Ante el agravamiento de la situación que afecta a los pueblos de la ribera del Paraná, el presidente de la República, Federico Franco, dictó un decreto que declara en situación de emergencia por 90 días a los departamentos de Alto Paraná, Misiones y Ñeembucú, afectados por la riada del Paraná.
El doctor Augusto Paiva, secretario privado de la Presidencia, informó que el Ministerio de Hacienda, transferirá 10.000 millones de guaraníes de su presupuesto a la SEN, para el auxilio inmediato a los damnificados.
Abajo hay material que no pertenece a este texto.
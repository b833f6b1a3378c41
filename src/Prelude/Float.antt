-- ===== src/Prelude/Float.antt =====
-- `f32` as its bit pattern: the order and the finiteness of IEEE 754.
use openforge_aio.Prelude.Tests.{ltb, leb, if◌then◌else◌}
use Prim.Native.Nat.{ℕ, ◌+◌, ◌%◌}
use mathlib.Core.Bool.{Bool, true, false, ◌||◌, ◌&&◌}

abbrev pub f32_magnitude : ℕ → ℕ
f32_magnitude v = v % 0x8000_0000

abbrev pub f32_is_neg : ℕ → Bool
f32_is_neg v = leb 0x8000_0000 v

-- `f32::is_finite`
unfoldable pub f32_is_finite : ℕ → Bool
f32_is_finite v = ltb (f32_magnitude v) 0x7f80_0000

-- `f32::is_nan`
unfoldable pub f32_is_nan : ℕ → Bool
f32_is_nan v = ltb 0x7f80_0000 (f32_magnitude v)

-- `a <= b`, which is false if one of them is not a number; the zeros are equal.
unfoldable pub f32_le : ℕ → ℕ → Bool
unfolding f32_is_nan
f32_le a b =
    if f32_is_nan a || f32_is_nan b
    then false
    else if f32_is_neg a
    then (if f32_is_neg b then leb (f32_magnitude b) (f32_magnitude a) else true)
    else if f32_is_neg b
    then leb (f32_magnitude a + f32_magnitude b) 0
    else leb (f32_magnitude a) (f32_magnitude b)

abbrev pub f64_magnitude : ℕ → ℕ
f64_magnitude v = v % 0x8000_0000_0000_0000

-- `f64::is_finite`
unfoldable pub f64_is_finite : ℕ → Bool
f64_is_finite v = ltb (f64_magnitude v) 0x7ff0_0000_0000_0000

-- `v > 0.0`: the sign is positive, and the magnitude neither zero nor that of a NaN.
unfoldable pub f64_is_positive : ℕ → Bool
f64_is_positive v = ltb 0 v && leb v 0x7ff0_0000_0000_0000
Paiva resaltó que, en la fecha, otros 500 kits de víveres serán trasladados al Ñeembucú, para proseguir con la asistencia de las familias evacuadas.
Asimismo, se dispuso que el Ministerio de Salud refuerce el parque de medicamentos que dispone la Región Sanitaria del Ñeembucú. El decreto presidencial alienta la posibilidad de cooperación de organismos internacionales como la Cruz Roja, el Banco Mundial de Alimentos y la Oficina de Desastres de los EE.UU., organizaciones que muestran preocupación por la situación de los sureños y realizarán una evaluación de los daños para asistir a los damnificados.
En toda la zona ribereña se realizan grandes esfuerzos para tratar de salvar los animales que quedaron atrapados en islas y la zona del carrizal.
A pesar del auxilio con lanchas e improvisadas balsas, se puede hablar de una gran mortandad de animales y ya no existen terrenos disponibles para la subsistencia de aquellos que han sido rescatados de las aguas. Momentáneamente, los vacunos son instalados en tramos de caminos vecinales que no han sido inundados, esperando que en los días venideros descienda el nivel del río y puedan retornar a su hábitat cotidiano.
Los distritos más castigados por la riada del Paraná son: Cerrito, Villalbín, Mayor Martínez, General Díaz y Paso de Patria.